╭─ Source records

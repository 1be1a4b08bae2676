-- ===== src/Config.antt =====
-- internal/config/config.go: the configuration, its validation and its loading. viper, which
-- merges the file, the environment and the defaults, hands over the decoded record or an error.
pub mod Validation
use exchange_rate_quote_serv.Prelude.{
  ℕ, Text, codes, Bool, true, false, not, ◌||◌, List, [], ◌∷◌, ◌++◌, Option, none, some,
  if◌then◌else◌,
}
use exchange_rate_quote_serv.Prelude.Int.{ℤ, pos, negsuc, is_positive, is_negative, signed_decimal}
use exchange_rate_quote_serv.Errors.{Error, error_text, join_lines, Result, ok, err, ◌>>=◌}

pub record ServerConfig : Type 0 where
  pub port : ℤ
  pub serve_swagger : Bool
  pub serve_asynqmon : Bool

pub record DatabaseConfig : Type 0 where
  pub host : Text
  pub port : ℤ
  pub user : Text
  pub password : Text
  pub name : Text
  pub ssl_mode : Text
  pub max_open_conns : ℤ
  pub max_idle_conns : ℤ
  pub conn_max_lifetime_sec : ℤ
  pub dsn : Text

pub record RedisConfig : Type 0 where
  pub asynq_addr : Text
  pub cache_addr : Text

pub record ExchangeRateHostConfig : Type 0 where
  pub base_url : Text
  pub api_key : Text
  pub timeout : ℤ

pub record FrankfurterConfig : Type 0 where
  pub base_url : Text
  pub timeout : ℤ

pub record WorkerConfig : Type 0 where
  pub concurrency : ℤ
  pub max_retry : ℤ
  pub timeout_sec : ℤ
  pub check_interval_sec : ℤ

pub record CacheConfig : Type 0 where
  pub latest_price_ttl_sec : ℤ
  pub exchange_provider_price_ttl_sec : ℤ

pub record Config : Type 0 where
  pub server : ServerConfig
  pub database : DatabaseConfig
  pub redis : RedisConfig
  pub exchange_rate_host : ExchangeRateHostConfig
  pub frankfurter : FrankfurterConfig
  pub worker : WorkerConfig
  pub cache : CacheConfig

-- The calls of `viper.SetDefault`.
unfoldable pub default_config : Config
default_config = record {
  server = record { port = pos 8080; serve_swagger = true; serve_asynqmon = true };
  database = record {
    host = codes "db";
    port = pos 5432;
    user = codes "postgres";
    password = codes "postgres";
    name = codes "quotesdb";
    ssl_mode = codes "disable";
    max_open_conns = pos 10;
    max_idle_conns = pos 5;
    conn_max_lifetime_sec = pos 300;
    dsn = [];
  };
  redis = record { asynq_addr = codes "redis_asynq:6380"; cache_addr = codes "redis_cache:6381" };
  exchange_rate_host = record {
    base_url = codes "https://api.exchangerate.host";
    api_key = [];
    timeout = pos 5;
  };
  frankfurter = record { base_url = codes "https://api.frankfurter.dev/v1"; timeout = pos 5 };
  worker = record {
    concurrency = pos 1;
    max_retry = pos 3;
    timeout_sec = pos 30;
    check_interval_sec = pos 5;
  };
  cache = record { latest_price_ttl_sec = pos 600; exchange_provider_price_ttl_sec = pos 300 };
}

abbrev pub is_empty : Text → Bool
is_empty [] = true
is_empty (_ ∷ _) = false

-- `if bad { errs = append(errs, …) }`
abbrev pub complain : Bool → Text → List Text → List Text
complain true msg rest = msg ∷ rest
complain false msg rest = rest

abbrev must_be : Text → ℤ → Text
must_be what n = what ++ (codes ", got " ++ signed_decimal n)

abbrev not_positive : ℤ → Text → List Text → List Text
not_positive n what = complain (not (is_positive n)) (must_be (what ++ codes " must be positive") n)

-- The second half of `Validate`: the worker and the caches.
abbrev worker_errors : WorkerConfig → List Text → List Text
worker_errors w rest = not_positive w.concurrency (codes "worker.concurrency") (
    complain (is_negative w.max_retry)
      (must_be (codes "worker.max_retry must be non-negative") w.max_retry)
      (not_positive w.timeout_sec (codes "worker.timeout_sec")
        (not_positive w.check_interval_sec (codes "worker.check_interval_sec") rest)))

abbrev cache_errors : CacheConfig → List Text
cache_errors c = not_positive c.latest_price_ttl_sec (codes "cache.latest_price_ttl_sec") (
    not_positive c.exchange_provider_price_ttl_sec (codes "cache.exchange_provider_price_ttl_sec")
      [])

abbrev redis_errors : RedisConfig → List Text → List Text
redis_errors r rest =
    complain (is_empty r.asynq_addr)
      (codes "redis.asynq_addr is required (set QUOTESVC_REDIS_ASYNQ_ADDR)")
      (complain (is_empty r.cache_addr)
        (codes "redis.cache_addr is required (set QUOTESVC_REDIS_CACHE_ADDR)") rest)

abbrev database_errors : DatabaseConfig → List Text → List Text
database_errors d rest = complain (is_empty d.host) (codes "database.host is required") (
    not_positive d.port (codes "database.port") (
      complain (is_empty d.user) (codes "database.user is required")
        (complain (is_empty d.name) (codes "database.name is required") rest)))

-- The errors that `Validate` appends, in its order.
unfoldable pub validation_errors : Config → List Text
validation_errors c = not_positive c.server.port (codes "server.port") (
    database_errors c.database
      (redis_errors c.redis (worker_errors c.worker (cache_errors c.cache))))

-- `errors.Join`, which is `nil` for no errors.
abbrev pub join_errors : List Text → Result (Unit {0})
join_errors [] = ok tt
join_errors (t ∷ ts) = err (Error.failure (join_lines (t ∷ ts)))

-- `Validate`
unfoldable pub validate : Config → Result (Unit {0})
unfolding validation_errors
validate c = join_errors (validation_errors c)

-- `if n <= 0 { n = d }`
abbrev pub or_positive : ℤ → ℤ → ℤ
or_positive d n = if is_positive n then n else d

unfoldable pub dsn_of : DatabaseConfig → Text
dsn_of d =
    codes "postgres://"
    ++ (d.user
        ++ b':'
          ∷ (d.password
              ++ b'@'
                ∷ (d.host
                    ++ b':'
                      ∷ (signed_decimal d.port
                          ++ b'/' ∷ (d.name ++ (codes "?sslmode=" ++ d.ssl_mode))))))

-- The pool settings and the DSN, which follow the validation.
unfoldable pub complete : Config → Config
unfolding dsn_of
complete c = record c {
  database = record c.database {
    max_open_conns = or_positive (pos 10) c.database.max_open_conns;
    max_idle_conns = or_positive (pos 5) c.database.max_idle_conns;
    conn_max_lifetime_sec = or_positive (pos 300) c.database.conn_max_lifetime_sec;
    dsn = dsn_of c.database;
  };
}

abbrev explained : {A : Type 0} → Text → Result A → Result A
explained what (ok a) = ok a
explained what (err e) = err (Error.failure (what ++ (codes ": " ++ error_text e)))

-- `LoadConfig`, from what `viper.Unmarshal` gives.
unfoldable pub load_config : Result Config → Result Config
unfolding validate complete
load_config decoded = explained (codes "error unmarshaling config") decoded >>= λ c.
    explained (codes "config validation failed") (validate c) >>= λ _. ok (complete c)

╰─

Exercise objective –
Once you find the line with "must_be what n" in the entries above, output it and each line after it up to and including the line with "database_errors d rest", and nothing else.

Response to the task –
must_be what n = what ++ (codes ", got " ++ signed_decimal n)

abbrev not_positive : ℤ → Text → List Text → List Text
not_positive n what = complain (not (is_positive n)) (must_be (what ++ codes " must be positive") n)

-- The second half of `Validate`: the worker and the caches.
abbrev worker_errors : WorkerConfig → List Text → List Text
worker_errors w rest = not_positive w.concurrency (codes "worker.concurrency") (
    complain (is_negative w.max_retry)
      (must_be (codes "worker.max_retry must be non-negative") w.max_retry)
      (not_positive w.timeout_sec (codes "worker.timeout_sec")
        (not_positive w.check_interval_sec (codes "worker.check_interval_sec") rest)))

abbrev cache_errors : CacheConfig → List Text
cache_errors c = not_positive c.latest_price_ttl_sec (codes "cache.latest_price_ttl_sec") (
    not_positive c.exchange_provider_price_ttl_sec (codes "cache.exchange_provider_price_ttl_sec")
      [])

abbrev redis_errors : RedisConfig → List Text → List Text
redis_errors r rest =
    complain (is_empty r.asynq_addr)
      (codes "redis.asynq_addr is required (set QUOTESVC_REDIS_ASYNQ_ADDR)")
      (complain (is_empty r.cache_addr)
        (codes "redis.cache_addr is required (set QUOTESVC_REDIS_CACHE_ADDR)") rest)

abbrev database_errors : DatabaseConfig → List Text → List Text
database_errors d rest = complain (is_empty d.host) (codes "database.host is required") (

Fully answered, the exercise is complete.